23. The learned Single Judge seems to have not only overlooked certain relevant material but by adopting a negative approach had belittled the relevance and importance of several vital and important factual aspects brought on record. If on the facts proved, the findings recorded by the Tribunal are justified and could not be considered to be based upon `no evidence, there is no justification for the High Court in exercising writ jurisdiction to interfere with the same.
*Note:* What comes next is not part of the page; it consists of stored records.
-- ===== src/Dedup.antt =====
-- The duplicates of bench/perfil_dataset.py: `tarefa_hash_amostra`, `tarefa_hash_completo`,
-- `etapa_dedup`. The digest of blake2b, the content behind a name and
-- the order in which the pool of `executar` delivers are arguments.
pub mod Leitura
pub mod Grupos
pub mod Iguais
mod Tests
use engine_motor.Prelude.{
  ℕ, zero, suc, ◌+◌, ◌-◌, ◌*◌, ◌/◌, ◌⊎◌, inl, inr, Bool, true, false, not, ◌&&◌, ◌||◌, Option, none,
  some, List, [], ◌∷◌, ◌++◌, length, take, drop, slice, ltb, leb, ◌==◌, if◌then◌else◌,
}
use engine_motor.Bytes.{to_le}
use engine_motor.Colecoes.{ordenar, agrupar}
use engine_motor.Scan.{Motivo}

-- The fields of `Arq` that the stage reads; `legivel` stands for `legivel(a)`.
pub record Item : Type 0 where
  pub i : ℕ
  pub tam : ℕ
  pub legivel : Bool

-- `JANELA_HASH` and `MIB`.
abbrev pub janela_hash : ℕ
janela_hash = 65536

abbrev pub mib : ℕ
mib = 1048576

-- `L.ler(fd, off, n)`: the slice that its loop over short reads of `pread` puts together.
abbrev pub ler : List ℕ → ℕ → ℕ → List ℕ
ler b off n = take n (drop off b)

-- What `tarefa_hash_amostra` feeds to the digest, and whether that is the whole file.
unfoldable pub entrada_amostra : ℕ → List ℕ → List ℕ × Bool
entrada_amostra tam b = if leb tam (3 * janela_hash) then (to_le 8 tam ++ ler b 0 tam, true) else (
  to_le 8 tam
      ++ ler b 0 janela_hash
      ++ ler b ((tam - janela_hash) / 2) janela_hash
      ++ ler b (tam - janela_hash) janela_hash,
  false,
)

-- The loop of `tarefa_hash_completo`: a block at a time, until a read is empty. More rounds than the
-- file has bytes are enough.
unfoldable pub ler_tudo : ℕ → List ℕ → ℕ → List ℕ
ler_tudo zero b off = []
ler_tudo (suc fuel) b off =
    let bloco = ler b off mib in
    let resto = ler_tudo fuel b (off + length bloco) in
    if length bloco == 0 then [] else bloco ++ resto

unfoldable pub entrada_completa : ℕ → List ℕ → List ℕ
unfolding ler_tudo
entrada_completa tam b = to_le 8 tam ++ ler_tudo (suc (length b)) b 0

-- A group of copies: the digest, the files, their size.
pub record Grupo (H : Type 0) : Type 0 where
  pub h : H
  pub ids : List Item
  pub tam : ℕ

-- What the environment gives: the content of a file or the reason for which it cannot be read, the
-- digests of 16 and 32 bytes, the test of `==` on them, and the orders of delivery.
pub record Ambiente (H : Type 0) : Type 0 where
  pub abrir : Item → Motivo ⊎ List ℕ
  pub curto : List ℕ → H
  pub longo : List ℕ → H
  pub igual_h : H → H → Bool
  pub entrega_amostra : List (Item × Option (H × Bool)) → List (Item × Option (H × Bool))
  pub entrega_completo : List (Item × Option H) → List (Item × Option H)

-- The files that the stage starts from.
unfoldable pub elegiveis : List Item → List Item
elegiveis [] = []
elegiveis (a ∷ xs) =
    let resto = elegiveis xs in if ltb 0 a.tam && a.legivel then a ∷ resto else resto

-- The files of the groups with more than one.
unfoldable pub candidatos : {K : Type 0} → List (K × List Item) → List Item
candidatos [] = []
candidatos ((k, ids) ∷ gs) =
    let resto = candidatos gs in if ltb 1 (length ids) then ids ++ resto else resto

-- `if h is None: ... else: ...`: what has a digest stays.
unfoldable pub com_hash : {R : Type 0} → List (Item × Option R) → List (Item × R)
com_hash [] = []
com_hash ((a, none) ∷ xs) = com_hash xs
com_hash ((a, some r) ∷ xs) = (a, r) ∷ com_hash xs

unfoldable pub so_itens : {R : Type 0} → List (Item × R) → List Item
so_itens [] = []
so_itens ((a, r) ∷ xs) = a ∷ so_itens xs

module _ {H : Type 0} where
  -- `res[ids[0]][1]`.
  unfoldable pub primeiro_completo : List (Item × (H × Bool)) → Bool
  primeiro_completo [] = false
  primeiro_completo ((a, (h, completo)) ∷ xs) = completo

  -- One entry of `gr` after the samples: copies that were read whole are a group, others wait.
  unfoldable pub separar_um :
      ℕ → H → List (Item × (H × Bool)) → List (Grupo H) × List Item → List (Grupo H) × List Item
  unfolding so_itens primeiro_completo
  separar_um tam h ids (grupos, pend) =
      if ltb (length ids) 2
      then (grupos, pend)
      else if primeiro_completo ids
      then (grupos ++ record { h = h; ids = so_itens ids; tam = tam } ∷ [], pend)
      else (grupos, pend ++ so_itens ids)

  unfoldable pub separar :
      List ((ℕ × H) × List (Item × (H × Bool)))
      → List (Grupo H) × List Item
      → List (Grupo H) × List Item
  unfolding separar_um
  separar [] s = s
  separar (((tam, h), ids) ∷ gs) s = separar gs (separar_um tam h ids s)

  -- `for (tam, h), ids in gr.items()` after the whole files.
  unfoldable pub fechar_grupos : List ((ℕ × H) × List (Item × H)) → List (Grupo H) → List (Grupo H)
  unfolding so_itens ordenar
  fechar_grupos [] grupos = grupos
  fechar_grupos (((tam, h), ids) ∷ gs) grupos = fechar_grupos gs (
      if leb 2 (length ids)
      then grupos
        ++ record {
          h = h;
          ids = ordenar (λ (x : Item) (y : Item). leb x.i y.i) (so_itens ids);
          tam = tam;
        }
          ∷ []
      else grupos)

  unfoldable pub primeiro_id : Grupo H → ℕ
  primeiro_id g = elim g.ids [ [] ↦ 0 | a ∷ xs ↦ a.i ]

module _ {H : Type 0} (e : Ambiente H) where
  -- One file of `tarefa_hash_amostra`; `none` stands for the tuple with a reason.
  unfoldable pub resumo_amostra : Item → Option (H × Bool)
  unfolding entrada_amostra
  resumo_amostra a = elim (e.abrir a) [
    | inl motivo ↦ none
    | inr b ↦ some (e.curto (entrada_amostra a.tam b).0, (entrada_amostra a.tam b).1)
  ]

  unfoldable pub tarefa_hash_amostra : List Item → List (Item × Option (H × Bool))
  unfolding resumo_amostra
  tarefa_hash_amostra [] = []
  tarefa_hash_amostra (a ∷ xs) = (a, resumo_amostra a) ∷ tarefa_hash_amostra xs

  unfoldable pub resumo_completo : Item → Option H
  unfolding entrada_completa
  resumo_completo a = elim (e.abrir a) [
    | inl motivo ↦ none
    | inr b ↦ some (e.longo (entrada_completa a.tam b))
  ]

  unfoldable pub tarefa_hash_completo : List Item → List (Item × Option H)
  unfolding resumo_completo
  tarefa_hash_completo [] = []
  tarefa_hash_completo (a ∷ xs) = (a, resumo_completo a) ∷ tarefa_hash_completo xs

  -- `==` on the keys `(tam, h)`.
  unfoldable pub igual_chave : ℕ × H → ℕ × H → Bool
  igual_chave (t, h) (u, k) = (t == u) && e.igual_h h k

  -- The first pass: the samples.
  unfoldable pub passo_amostra : List Item → List (Grupo H) × List Item
  unfolding tarefa_hash_amostra com_hash ordenar agrupar igual_chave separar
  passo_amostra cand =
      let res = com_hash (e.entrega_amostra (tarefa_hash_amostra cand)) in
      let em_ordem =
        ordenar (λ (x : Item × (H × Bool)) (y : Item × (H × Bool)). leb x.0.i y.0.i) res in
      separar (agrupar igual_chave (λ (x : Item × (H × Bool)). (x.0.tam, x.1.0)) em_ordem [])
        ([], [])

  -- The second pass: the whole files.
  unfoldable pub passo_completo : List Item → List (Grupo H) → List (Grupo H)
  unfolding tarefa_hash_completo com_hash agrupar igual_chave fechar_grupos
  passo_completo pend grupos =
      let res = com_hash (e.entrega_completo (tarefa_hash_completo pend)) in
      fechar_grupos (agrupar igual_chave (λ (x : Item × H). (x.0.tam, x.1)) res []) grupos

  -- `etapa_dedup`, with the option `hash_completo`.
  unfoldable pub etapa_dedup : Bool → List Item → List (Grupo H)
  unfolding elegiveis candidatos agrupar passo_amostra passo_completo ordenar primeiro_id
  etapa_dedup hash_completo arquivos =
      let cand = candidatos (agrupar ◌==◌ (λ (a : Item). a.tam) (elegiveis arquivos) []) in
      let (grupos, pend) = if hash_completo then ([], cand) else passo_amostra cand in
      ordenar (λ f g. leb (primeiro_id f) (primeiro_id g)) (passo_completo pend grupos)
The promoters of the canteen being permanent employees in the service of the Bank, permitted to run the canteen, by merely being in control of the day-to-day affairs of the canteen, the Bank cannot absolve of its liabilities when it was really using the canteen management as its instrumentality and agent. The cloak apart, the `voice definitely is that of Jacobs.
84. In view of what has been found by the learned Tribunal the details of which have been mentioned herein above by me, it is evident that despite statutory liability of running a canteen for the benefit of its employees being cast under Section 46 upon the petitioner, and despite various detailed provisions made under Rule 68 of the Rules of 1950, there were other liabilities incurred by the NTPC besides these statutory duties, which would not have been otherwise incurred, had the management of NTPC not been in actual and complete effective control over the running of the canteen. Such facilities like provision of housing accommodation, medical facilities providing transport facilities, buying provisions and giving initial working capital of Rs. 1,40,000/- and exercising control over duty allocation, leave permission and disciplinary action over the canteen employees rendered the NTPC liable. It does make out a case for respondent nos. 4 to 47 to be treated as in actual employment of the petitioner, the Award impugned therefore needs no interference and the writ petition is hence dismissed. No order as to costs.